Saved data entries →
● ● ●

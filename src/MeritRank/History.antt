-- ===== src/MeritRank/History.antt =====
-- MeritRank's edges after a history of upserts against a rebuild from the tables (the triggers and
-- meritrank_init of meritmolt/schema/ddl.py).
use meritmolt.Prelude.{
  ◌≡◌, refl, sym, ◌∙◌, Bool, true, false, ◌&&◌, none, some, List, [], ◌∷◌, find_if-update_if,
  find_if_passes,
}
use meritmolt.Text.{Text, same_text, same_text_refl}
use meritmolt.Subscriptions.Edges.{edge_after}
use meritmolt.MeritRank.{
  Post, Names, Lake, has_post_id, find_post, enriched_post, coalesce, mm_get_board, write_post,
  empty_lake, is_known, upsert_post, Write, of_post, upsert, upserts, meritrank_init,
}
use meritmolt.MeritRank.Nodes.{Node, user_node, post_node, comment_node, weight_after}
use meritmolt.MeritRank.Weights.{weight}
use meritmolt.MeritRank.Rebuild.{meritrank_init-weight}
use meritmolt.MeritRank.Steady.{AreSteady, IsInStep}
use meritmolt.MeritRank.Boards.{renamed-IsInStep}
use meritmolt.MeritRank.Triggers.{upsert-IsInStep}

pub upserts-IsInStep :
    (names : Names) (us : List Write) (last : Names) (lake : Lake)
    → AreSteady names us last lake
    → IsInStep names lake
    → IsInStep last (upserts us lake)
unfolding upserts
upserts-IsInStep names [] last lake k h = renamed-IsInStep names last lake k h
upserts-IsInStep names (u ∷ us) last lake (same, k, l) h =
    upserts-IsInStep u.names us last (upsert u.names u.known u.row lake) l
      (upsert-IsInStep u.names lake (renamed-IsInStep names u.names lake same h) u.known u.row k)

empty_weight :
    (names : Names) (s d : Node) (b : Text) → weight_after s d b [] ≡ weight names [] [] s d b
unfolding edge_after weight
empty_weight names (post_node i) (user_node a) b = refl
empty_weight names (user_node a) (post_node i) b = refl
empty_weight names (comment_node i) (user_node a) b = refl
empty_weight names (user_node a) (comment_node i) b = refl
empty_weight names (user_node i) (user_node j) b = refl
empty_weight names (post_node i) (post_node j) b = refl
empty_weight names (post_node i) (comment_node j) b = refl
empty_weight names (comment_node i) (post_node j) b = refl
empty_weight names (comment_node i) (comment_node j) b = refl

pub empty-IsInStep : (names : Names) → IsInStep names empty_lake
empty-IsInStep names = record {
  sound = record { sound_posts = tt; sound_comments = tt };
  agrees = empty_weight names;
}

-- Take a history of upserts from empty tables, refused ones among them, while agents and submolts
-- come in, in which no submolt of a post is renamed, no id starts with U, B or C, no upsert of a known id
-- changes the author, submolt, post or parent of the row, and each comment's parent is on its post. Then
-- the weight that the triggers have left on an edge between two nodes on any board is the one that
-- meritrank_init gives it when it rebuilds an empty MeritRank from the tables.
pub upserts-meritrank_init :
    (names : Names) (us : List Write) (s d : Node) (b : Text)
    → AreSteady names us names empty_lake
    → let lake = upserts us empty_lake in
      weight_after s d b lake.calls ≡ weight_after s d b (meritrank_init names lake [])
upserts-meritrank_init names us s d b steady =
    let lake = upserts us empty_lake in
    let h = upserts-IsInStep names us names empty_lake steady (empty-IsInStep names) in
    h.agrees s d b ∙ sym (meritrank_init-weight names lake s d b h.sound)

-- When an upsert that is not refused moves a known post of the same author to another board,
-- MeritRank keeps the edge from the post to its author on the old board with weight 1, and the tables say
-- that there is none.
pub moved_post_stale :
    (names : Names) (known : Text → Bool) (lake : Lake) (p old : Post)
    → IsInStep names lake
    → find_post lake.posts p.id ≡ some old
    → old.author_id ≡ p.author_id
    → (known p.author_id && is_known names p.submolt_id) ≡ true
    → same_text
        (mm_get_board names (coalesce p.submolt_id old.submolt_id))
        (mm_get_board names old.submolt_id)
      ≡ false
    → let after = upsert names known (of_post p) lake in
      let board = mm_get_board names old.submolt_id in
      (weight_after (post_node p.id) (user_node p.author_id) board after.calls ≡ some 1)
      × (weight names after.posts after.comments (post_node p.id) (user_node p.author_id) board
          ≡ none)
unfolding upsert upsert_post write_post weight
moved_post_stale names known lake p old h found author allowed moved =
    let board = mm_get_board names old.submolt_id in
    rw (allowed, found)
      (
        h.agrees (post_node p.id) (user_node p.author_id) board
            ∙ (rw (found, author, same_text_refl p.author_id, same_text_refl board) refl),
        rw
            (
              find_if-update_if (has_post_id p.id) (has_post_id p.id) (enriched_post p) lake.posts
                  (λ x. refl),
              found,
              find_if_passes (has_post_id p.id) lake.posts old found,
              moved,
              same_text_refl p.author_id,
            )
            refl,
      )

● ● ●

AIM OF THE TASK →
A single number is the whole answer here: the number of lines in the data that include "false".

TASK OUTPUT →
2